Simulation of Aquaculture Production
Zoo-Tech is an introductory spread sheets applications applied to marine aquaculture production. It provides important, easy to understand calculations with user controlled information.
There are three sections in Zoo-Technical, Control and Calculations.
The user can vary simulation (production) parameters which are grouped into 7 categories :
In this example calculations are intermixed with their controls. This is done in order to better demonstrate “cause and effect” and hyerartical control. In SIM and SAP controls are centralized and seperated from calculations.
SIMulation & Real Data
Sim_real Simulation integrating real weekly production data with simulated results
Documentation is at Here
Zoo-Tech is an introductory spread sheet applications applied to marine aquaculture production. It provides important, easy to understand calculations with user controlled information.

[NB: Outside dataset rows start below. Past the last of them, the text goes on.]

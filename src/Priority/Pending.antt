-- ===== src/Priority/Pending.antt =====
-- internal/priority/pending.go: priorities of streams that are not open yet.
pub mod Ahead
use zerodeps_hackk.Base.{
  ℕ, suc, Bool, ltb, if◌then◌else◌, [], ◌∷◌, Option, none, some, is_some, length,
}
use zerodeps_hackk.Base.Assoc.{Assoc, lookup, insert, delete}

abbrev pub Pending : Type 0 → Type 0
Pending P = Assoc P

module _ {P : Type 0} where
  unfoldable pub put : Pending P → ℕ → P → Pending P
  put p id params = insert id params p

  unfoldable pub take : Pending P → ℕ → Pending P × Option P
  take p id = elim (lookup id p) [ some params ↦ (delete id p, some params) | none ↦ (p, none) ]

  unfoldable pub held : Pending P → ℕ → Bool
  held p id = is_some (lookup id p)

  abbrev pub len : Pending P → ℕ
  len p = length p

  -- What is left, and how many are gone.
  unfoldable pub prune : Pending P → ℕ → Pending P × ℕ
  prune [] below = ([], 0)
  prune ((id, params) ∷ p) below =
      let (rest, n) = prune p below in
      if ltb id below then (rest, suc n) else ((id, params) ∷ rest, n)
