-- ===== src/Lookup/Hostent.antt =====
-- gethost_data of src/lookup.c against a description by lists.
use mathlib.Core.Option
use jega.Base.{if◌then◌else◌, ℕ, Option, none, some, List, [], ◌∷◌, ◌++◌}
use jega.Lookup.{HostEntry, equal_text}

-- The aliases that are not the name.
abbrev pub without_name : List ℕ → List (List ℕ) → List (List ℕ)
without_name name [] = []
without_name name (a ∷ rest) =
    if equal_text a name then without_name name rest else a ∷ without_name name rest

abbrev pub named_aliases : List ℕ → Option (List (List ℕ)) → List (List ℕ)
named_aliases name none = []
named_aliases name (some aliases) = without_name name aliases

abbrev pub aliases_of : HostEntry → List (List ℕ)
aliases_of host = named_aliases host.h_name host.h_aliases

-- Every item is translated, or there is no result.
abbrev pub consed : Option (List ℕ) → Option (List (List ℕ)) → Option (List (List ℕ))
consed none rest = none
consed (some t) none = none
consed (some t) (some ts) = some (t ∷ ts)

abbrev pub traverse : (List ℕ → Option (List ℕ)) → List (List ℕ) → Option (List (List ℕ))
traverse f [] = some []
traverse f (a ∷ rest) = consed (f a) (traverse f rest)

abbrev prepended : List (List ℕ) → Option (List (List ℕ)) → Option (List (List ℕ))
prepended done none = none
prepended done (some ts) = some (done ++ ts)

The simulation uses 5 sheets is and is based upon a site’s
- Thermal Profile, (mean weekly temperature in C°, by week, by year.),
- Daily Growth Model which is a : general growth model for Sea Bass (D. labrax) weighing between 1 and 500 grams and a temperature between 14.5 and 26 °C. The Model, is obtained from Leclercq & Tanguy, calculates the weekly weight gain but by changing parameters it is possible to simulate other species growth function.
- Daily Feeding Table (the mean fish weight (row), the temperature (column) and the (manufacture’s), suggested daily percentage (intersection) of food based upon the Biomass (number of individuals times their weight). This calculates into Kilos of food to distribute which calculates cost s and sales considerations.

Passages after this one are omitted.